(Records from a data collection)
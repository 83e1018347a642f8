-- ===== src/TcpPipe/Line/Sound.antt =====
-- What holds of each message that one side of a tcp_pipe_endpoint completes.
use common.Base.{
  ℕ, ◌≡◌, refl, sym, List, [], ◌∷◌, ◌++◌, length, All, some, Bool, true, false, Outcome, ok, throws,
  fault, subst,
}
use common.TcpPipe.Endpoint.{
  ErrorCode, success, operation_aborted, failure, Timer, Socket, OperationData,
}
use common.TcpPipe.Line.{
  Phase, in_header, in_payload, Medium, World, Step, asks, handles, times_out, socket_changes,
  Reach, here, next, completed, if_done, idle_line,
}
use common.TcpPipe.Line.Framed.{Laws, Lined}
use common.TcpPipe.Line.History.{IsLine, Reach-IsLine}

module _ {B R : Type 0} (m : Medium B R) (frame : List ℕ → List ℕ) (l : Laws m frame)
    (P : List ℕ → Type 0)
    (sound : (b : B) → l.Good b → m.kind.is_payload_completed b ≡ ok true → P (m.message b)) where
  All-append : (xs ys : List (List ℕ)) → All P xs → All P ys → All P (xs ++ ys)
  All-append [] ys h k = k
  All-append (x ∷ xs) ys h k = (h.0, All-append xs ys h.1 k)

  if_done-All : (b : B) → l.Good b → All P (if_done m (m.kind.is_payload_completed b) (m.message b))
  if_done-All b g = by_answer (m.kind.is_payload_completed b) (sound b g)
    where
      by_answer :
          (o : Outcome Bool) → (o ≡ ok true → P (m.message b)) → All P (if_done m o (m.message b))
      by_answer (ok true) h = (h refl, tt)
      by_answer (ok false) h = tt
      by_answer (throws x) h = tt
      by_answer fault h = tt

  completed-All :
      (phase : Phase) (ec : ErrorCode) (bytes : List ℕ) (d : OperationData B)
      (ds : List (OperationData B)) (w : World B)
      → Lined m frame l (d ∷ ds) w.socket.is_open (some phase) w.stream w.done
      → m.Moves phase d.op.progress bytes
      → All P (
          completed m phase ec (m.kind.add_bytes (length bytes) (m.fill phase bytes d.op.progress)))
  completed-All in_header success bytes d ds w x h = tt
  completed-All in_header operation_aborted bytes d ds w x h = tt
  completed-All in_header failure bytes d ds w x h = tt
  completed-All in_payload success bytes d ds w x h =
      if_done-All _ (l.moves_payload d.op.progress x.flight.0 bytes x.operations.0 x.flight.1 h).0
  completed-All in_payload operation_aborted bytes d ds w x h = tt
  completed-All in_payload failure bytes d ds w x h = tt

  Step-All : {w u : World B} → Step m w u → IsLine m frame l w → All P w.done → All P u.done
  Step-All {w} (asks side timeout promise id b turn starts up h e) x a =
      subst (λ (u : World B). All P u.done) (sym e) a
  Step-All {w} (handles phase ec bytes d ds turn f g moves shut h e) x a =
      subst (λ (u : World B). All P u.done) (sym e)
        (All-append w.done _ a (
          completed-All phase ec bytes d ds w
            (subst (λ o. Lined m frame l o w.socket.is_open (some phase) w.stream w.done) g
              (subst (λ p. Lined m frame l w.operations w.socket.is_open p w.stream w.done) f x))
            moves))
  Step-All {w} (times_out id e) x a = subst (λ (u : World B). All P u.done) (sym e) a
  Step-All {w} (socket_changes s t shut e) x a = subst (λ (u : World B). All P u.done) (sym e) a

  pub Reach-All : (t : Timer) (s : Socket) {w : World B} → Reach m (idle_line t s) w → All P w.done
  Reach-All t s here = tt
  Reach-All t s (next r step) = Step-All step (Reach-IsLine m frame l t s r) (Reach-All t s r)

*WORK TASK*
Where does "throws" appear in the records above? Copy every line that has it.

*ANSWER SPACE*
  ℕ, ◌≡◌, refl, sym, List, [], ◌∷◌, ◌++◌, length, All, some, Bool, true, false, Outcome, ok, throws,
      by_answer (throws x) h = tt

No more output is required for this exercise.